Catherine II died in 1796, and her son Paul (r. 1796-1801) succeeded her. She left an enlarged dominion to her son Paul. Paul, the only child of the Empress Catherine, ascended the throne in his forty-second year, having been born in 1754. Up to the time of his succession he had led a retired life, neglected by his mother and the courtiers. The former regarded him with dislike, and the latter copied faithfully the feelings of their sovereign. The Empress seems to have had great fears that he might be called to the throne by the voice of the nation, as her position was, to say the least, a very uncertain one.
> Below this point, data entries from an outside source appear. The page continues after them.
-- ===== src/Fifo/Find.antt =====
-- What a lookup in the map finds after an operation.
use ran.Base.{
  ℕ, ◌≢◌, none, some, Bytes, nat_eq, bytes_Eq, lookup, erase, ◌≡◌, ◌∙◌, arith, lookup-insert_self,
  Option-cases, inl, inr, ◌⊎◌,
}
use ran.Fifo.{Fifo, find, push_back, remove, assign, move_to_back}
use ran.Fifo.Wf.{Wf}
use ran.Fifo.Wf.Assoc.{
  lookup-append_self, lookup-append_ne, lookup-append_inv, lookup-erase_inv, lookup-erase_self,
  lookup-insert_ne,
}

module _ {ℓ} {V : Type ℓ} where
  -- Both steps of a lookup.
  pub find_lem :
      (f : Fifo V) (k : Bytes) (i : ℕ) (v : V)
      → lookup k f.index ≡ some i
      → lookup i f.order ≡ some v
      → find k f ≡ some (i, v)
  find_lem f k i v p q = rw (p, q)

  pub find_absent : (f : Fifo V) (k : Bytes) → lookup k f.index ≡ none → find k f ≡ none
  find_absent f k p = rw p

  pub find-remove_self : (f : Fifo V) (k : Bytes) (i : ℕ) → find k (remove k i f) ≡ none
  unfolding remove
  find-remove_self f k i = find_absent (remove k i f) k (lookup-erase_self k f.index)

  pub find-move_to_back :
      (f : Fifo V) (k : Bytes) (i : ℕ) (v : V)
      → lookup k f.index ≡ some i
      → find k (move_to_back i v (assign i v f)) ≡ some (i, v)
  unfolding move_to_back assign
  find-move_to_back f k i v p =
      let o = (assign i v f).order in
      find_lem (move_to_back i v (assign i v f)) k i v p
        (lookup-append_self i v (erase i o) (lookup-erase_self i o))

  pub find-assign :
      (f : Fifo V) (k : Bytes) (i : ℕ) (v : V)
      → lookup k f.index ≡ some i
      → find k (assign i v f) ≡ some (i, v)
  unfolding assign
  find-assign f k i v p = find_lem (assign i v f) k i v p (lookup-insert_self i v f.order)

  pub lookup-move_to_back_self :
      (f : Fifo V) (i : ℕ) (v : V) → lookup i (move_to_back i v f).order ≡ some v
  unfolding move_to_back
  lookup-move_to_back_self f i v =
      lookup-append_self i v (erase i f.order) (lookup-erase_self i f.order)

  pub lookup-move_to_back_inv :
      (f : Fifo V) (i j : ℕ) (v u : V)
      → lookup j (move_to_back i v f).order ≡ some u
      → ((i ≡ j) × (v ≡ u)) ⊎ (lookup j f.order ≡ some u)
  unfolding move_to_back
  lookup-move_to_back_inv f i j v u h =
      elim (lookup-append_inv i j v u (erase i f.order) (lookup-erase_self i f.order) h) [
        | inl p ↦ inl p
        | inr (ne, q) ↦ inr (lookup-erase_inv i j u f.order q).1
      ]

  pub index-push_back_self :
      (f : Fifo V) (k : Bytes) (v : V) → lookup k (push_back k v f).index ≡ some f.next
  unfolding push_back
  index-push_back_self f k v = lookup-insert_self k f.next f.index

  module _ (key : V → Bytes) (f : Fifo V) (w : Wf key f) where
    absent_next : lookup f.next f.order ≡ none
    absent_next = elim (Option-cases (lookup f.next f.order)) [
      | inl e ↦ e
      | inr (v, e) ↦ absurd (omega (arith, w.fresh f.next v e))
    ]

    pub find-push_back : (k : Bytes) (v : V) → find k (push_back k v f) ≡ some (f.next, v)
    unfolding push_back
    find-push_back k v =
        find_lem (push_back k v f) k f.next v (lookup-insert_self k f.next f.index)
          (lookup-append_self f.next v f.order absent_next)

    -- Another key finds what it found.
    pub find-push_back_ne : (k j : Bytes) (v : V) → k ≢ j → find j (push_back k v f) ≡ find j f
    unfolding push_back
    find-push_back_ne k j v ne = elim (Option-cases (lookup j f.index)) [
      | inl e ↦ find_absent (push_back k v f) j (lookup-insert_ne k j f.next f.index ne ∙ e) ∙ rw e
      | inr (i, e) ↦
          let (u, at, ku) = w.indexed j i e in
          find_lem (push_back k v f) j i u (lookup-insert_ne k j f.next f.index ne ∙ e) (
            lookup-append_ne f.next i v f.order absent_next (λ p. ground (arith, w.fresh i u at))
            ∙ at)
          ∙ rw (e, at)
    ]

    pub lookup-push_back_self : (k : Bytes) (v : V) → lookup f.next (push_back k v f).order ≡ some v
    unfolding push_back
    lookup-push_back_self k v = lookup-append_self f.next v f.order absent_next

    pub lookup-push_back_inv :
        (k : Bytes) (j : ℕ) (v u : V)
        → lookup j (push_back k v f).order ≡ some u
        → ((f.next ≡ j) × (v ≡ u)) ⊎ (lookup j f.order ≡ some u)
    unfolding push_back
    lookup-push_back_inv k j v u h = elim (lookup-append_inv f.next j v u f.order absent_next h) [
      | inl p ↦ inl p
      | inr (ne, q) ↦ inr q
    ]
There seems every reason to believe that Catherine had removed him from the succession, leaving the throne to her grandson Alexander ; but Kurakin, one of Paul's most intimate friends, contrived to gain access to the private apartments of the Empress and burned her will. Painfully aware that Catherine had planned to bypass him and name his son, Alexander, as tsar, Paul instituted primogeniture in the male line as the basis for succession. It was one of the few lasting reforms of Paul's brief reign. The only event of his life of any significance while Grand Duke had been a tour in the West of Europe in 1780. He was twice married, first in 1772 to Augusta, Princess of Hesse Darmstadt, who died three years after, leaving no issue ; secondly, in 1776, to Dorothea Sophia, Princess of WUrtemberg, who was received into the Greek Church as Maria Feodorovna.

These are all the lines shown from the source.